The British Columbia Society for the Prevention of Cruelty to Animals
- Abbreviation: BC SPCA
- Founded: 1896; 130 years ago
- Type: Charitable organization
- Registration no.: 118819036RR0001
- Headquarters: 1245 East 7th Avenue Vancouver, B.C. V5T 1R1
- Locations: 42 Shelters 5 Animal hospitals/clinics; Wildlife Rehabilitation Centre; ;
- Region served: British Columbia, Canada
- Key people: Craig Daniell (CEO)
- Subsidiaries: BC Pet Registry
- Revenue: CA$35,114,749 (2016)
- Expenses: CA$33,183,436 (2016)
- Staff: 551 (2017)
- Volunteers: Approx. 5500 (2017)
- Website: spca.bc.ca

= British Columbia Society for the Prevention of Cruelty to Animals =

Canadian animal welfare charity

The British Columbia Society for the Prevention of Cruelty to Animals (BC SPCA) is a non-profit animal welfare organization which advocates for animal protection legislation, operates animal shelters, and runs educational workshops and public awareness programs throughout British Columbia, Canada. Founded in 1896, it is a registered charitable organization and one of the largest such animal welfare organizations in North America. As of 2017, BC SPCA had 36 branches, over 500 staff members, nearly 5500 volunteers, operated 5 veterinary hospitals/clinics and a wildlife rehabilitation centre, and sheltered more than 22000 animals. It is also one of the few animal welfare organizations to monitor animals in film.

== History ==
In 1895, the British Columbia Society for the Prevention of Cruelty to Animals Act was enacted in British Columbia, bringing the BC SPCA into existence. The act authorized the establishment of the BC SPCA to investigate offences involving cruelty to animals and to take action to rescue captive animals in distress. BC SPCA formally began operating in 1896 and its first meeting was held at New Westminster. By 1901, the organization had more than 10 branches spread across various cities of British Columbia. Beyond law enforcement, the society's primary aims were to educate the public and advocate for an end to practices causing suffering for animals. This was the business of the BC SPCA until it elected to open its first animal shelter in 1955 in Vancouver.

== Activities ==
Being the only animal welfare organization in British Columbia that is authorized to enforce animal cruelty laws, BC SPCA operates a Cruelty Investigations Department that investigates reports of cruelty towards animals, rescues animals if they are found to be subject to distress, and if required, initiates legal proceedings against perpetrators of acts of cruelty by making recommendations to Crown Council to prosecute. Punishments handed out by the court to persons found guilty in such cases range from revoking permission to own animals to fines and imprisonment. In February 2016, the BC SPCA seized 66 animals from a puppy mill in Langley, one of the largest seizures in the province's history.

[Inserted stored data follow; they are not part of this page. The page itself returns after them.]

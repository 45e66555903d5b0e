-- ===== src/Llm/Usage.antt =====
-- backend/src/core/llm/usage.py: tokens and spend, by session. Costs are exact, in units of 10^-8 US
-- dollar; the rounding for display and the sorted list of unpriced models are left out.
pub mod Tokens
pub mod Ledger
pub mod Merged
pub mod Costs
use wizard_w.Prelude.{
  ℕ, ◌+◌, ◌*◌, ◌/◌, String, Bool, true, false, ◌||◌, ◌&&◌, not, List, [], ◌∷◌, Option, none, some,
  if◌then◌else◌, nat_beq, leb, length, filter, any, sum_by, map, contains, pair_eq, Eq,
}
use wizard_w.Prelude.Dict.{Dict, lookup, insert, erase, values}
use wizard_w.Prelude.Text.{Text, codes, text_eq}
use wizard_w.Providers.{is_cloud}
use wizard_w.Llm.Pricing.{Price, price_for}

pub record TokenUsage : Type 0 where
  pub input_tokens : ℕ
  pub output_tokens : ℕ
  pub exact : Bool

abbrev pub total_tokens : TokenUsage → ℕ
total_tokens usage = usage.input_tokens + usage.output_tokens

pub record UsageRecord : Type 0 where
  pub provider : Text
  pub model : Text
  pub role : Text
  pub calls : ℕ
  pub input_tokens : ℕ
  pub output_tokens : ℕ
  pub estimated : Bool

-- The cost of a record, where its model is billed and priced.
unfoldable pub cost_usd : UsageRecord → Option ℕ
cost_usd r =
    if is_cloud r.provider
    then elim (price_for r.model) [
      | none ↦ none
      | some price ↦ some (r.input_tokens * price.0 + r.output_tokens * price.1)
    ]
    else none

abbrev pub Key : Type 0
Key = Text × (Text × Text)

instance abbrev pub key_eq : Eq Key
key_eq = pair_eq

pub record SessionUsage : Type 0 where
  pub records : Dict Key UsageRecord

abbrev pub empty_usage : SessionUsage
empty_usage = record { records = [] }

abbrev pub new_record : Text → Text → Text → UsageRecord
new_record provider model role = record {
  provider = provider;
  model = model;
  role = role;
  calls = 0;
  input_tokens = 0;
  output_tokens = 0;
  estimated = false;
}

unfoldable pub charged : TokenUsage → UsageRecord → UsageRecord
charged usage r = record r {
  calls = r.calls + 1;
  input_tokens = r.input_tokens + usage.input_tokens;
  output_tokens = r.output_tokens + usage.output_tokens;
  estimated = r.estimated || not usage.exact;
}

-- `SessionUsage.add`
unfoldable pub add : Text → Text → Text → TokenUsage → SessionUsage → SessionUsage
unfolding charged
add provider model role usage u =
    let key : Key = (provider, (model, role)) in
    let found : UsageRecord = elim (lookup key u.records) [
      | none ↦ new_record provider model role
      | some r ↦ r
    ] in
    record u { records = insert key (charged usage found) u.records }

-- What `SessionUsage.to_dict` reports.
pub record Totals : Type 0 where
  pub records : List UsageRecord
  pub calls : ℕ
  pub input_tokens : ℕ
  pub output_tokens : ℕ
  pub total_tokens : ℕ
  pub cost : Option ℕ
  pub any_cloud : Bool
  pub estimated : Bool

unfoldable pub is_priced : UsageRecord → Bool
unfolding cost_usd
is_priced r = elim (cost_usd r) [ none ↦ false | some c ↦ true ]

unfoldable pub cost_or_zero : UsageRecord → ℕ
unfolding cost_usd
cost_or_zero r = elim (cost_usd r) [ none ↦ 0 | some c ↦ c ]

-- The sum over the priced records, where there are any.
unfoldable pub priced_sum : List UsageRecord → Option ℕ
priced_sum [] = none
priced_sum (r ∷ rs) = some (sum_by cost_or_zero (r ∷ rs))

unfoldable pub to_dict : SessionUsage → Totals
unfolding priced_sum
to_dict u =
    let rs = values u.records in
    record {
      records = rs;
      calls = sum_by (λ r. r.calls) rs;
      input_tokens = sum_by (λ r. r.input_tokens) rs;
      output_tokens = sum_by (λ r. r.output_tokens) rs;
      total_tokens = sum_by (λ r. r.input_tokens + r.output_tokens) rs;
      cost = priced_sum (filter is_priced rs);
      any_cloud = any (λ r. is_cloud r.provider) rs;
      estimated = any (λ r. r.estimated) rs;
    }

-- `UsageLedger._sessions`
abbrev pub Ledger : Type 0
Ledger = Dict Text SessionUsage

abbrev pub or_empty : Option SessionUsage → SessionUsage
or_empty none = empty_usage
or_empty (some u) = u

abbrev pub session_usage : Text → Ledger → SessionUsage
session_usage session_id ledger = or_empty (lookup session_id ledger)

abbrev pub or_unknown : Text → Text
or_unknown [] = codes "unknown"
or_unknown (c ∷ model) = c ∷ model

-- `UsageLedger.record`; no session id and an empty one are the same to it.
unfoldable pub record_usage : Text → Text → Text → Text → TokenUsage → Ledger → Ledger
unfolding add
record_usage [] provider model role usage ledger = ledger
record_usage (c ∷ id) provider model role usage ledger =
    if nat_beq (total_tokens usage) 0
    then ledger
    else insert (c ∷ id)
        (add provider (or_unknown model) role usage (session_usage (c ∷ id) ledger)) ledger

unfoldable pub totals : Text → Ledger → Totals
unfolding to_dict
totals session_id ledger = to_dict (session_usage session_id ledger)

-- `dict.fromkeys` without the empty id: each id once, where it first occurs.
unfoldable pub unique_ids : List Text → List Text → List Text
unique_ids seen [] = []
unique_ids seen (id ∷ ids) =
    if contains id seen || nat_beq (length id) 0
    then unique_ids seen ids
    else id ∷ unique_ids (id ∷ seen) ids

unfoldable pub folded : UsageRecord → UsageRecord → UsageRecord
folded r target = record target {
  calls = target.calls + r.calls;
  input_tokens = target.input_tokens + r.input_tokens;
  output_tokens = target.output_tokens + r.output_tokens;
  estimated = target.estimated || r.estimated;
}

-- The inner loop of `totals_many`.
unfoldable pub merge_records : Dict Key UsageRecord → Dict Key UsageRecord → Dict Key UsageRecord
unfolding folded lookup insert
merge_records [] merged = merged
merge_records ((key, r) ∷ rest) merged =
    merge_records rest
      (insert key (elim (lookup key merged) [ none ↦ r | some t ↦ folded r t ]) merged)

abbrev pub merge_found : SessionUsage → Option SessionUsage → SessionUsage
merge_found merged none = merged
merge_found merged (some u) = record merged { records = merge_records u.records merged.records }

unfoldable pub merge_sessions : Ledger → List Text → SessionUsage → SessionUsage
unfolding merge_records
merge_sessions ledger [] merged = merged
merge_sessions ledger (id ∷ ids) merged =
    merge_sessions ledger ids (merge_found merged (lookup id ledger))

unfoldable pub totals_many : List Text → Ledger → Totals
unfolding unique_ids merge_sessions to_dict
totals_many session_ids ledger =
    to_dict (merge_sessions ledger (unique_ids [] session_ids) empty_usage)

unfoldable pub forget : Text → Ledger → Ledger
forget session_id ledger = erase session_id ledger

abbrev pub clear : Ledger → Ledger
clear ledger = []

BC SPCA provides medical care to animals through five veterinary practices, including three full-service veterinary hospitals and two spay/neuter clinics launched to reduce pet overpopulation. The society operates a range other facilities including community animal centres (a new model of animal shelter) and store-front education and adoption centres which offer youth education programming and adoptions of cats and small animals. Many of these locations extend their emergency services to injured pets, and may also provide short-term care for pets whose owners are in a crisis situation. Also, it monitors the use of animals in the film industry.

=== Funding ===
BC SPCA is a not-for-profit charitable society and relies largely on donations from the public and government grants for its funding.

According to its website, BC SPCA spends approximately $2.5 million per year on animal cruelty investigations, an activity for which it does not receive any government funding and relies solely on public donations.

Every September, the organizations conducts Paws for a Cause walks throughout British Columbia for fundraising.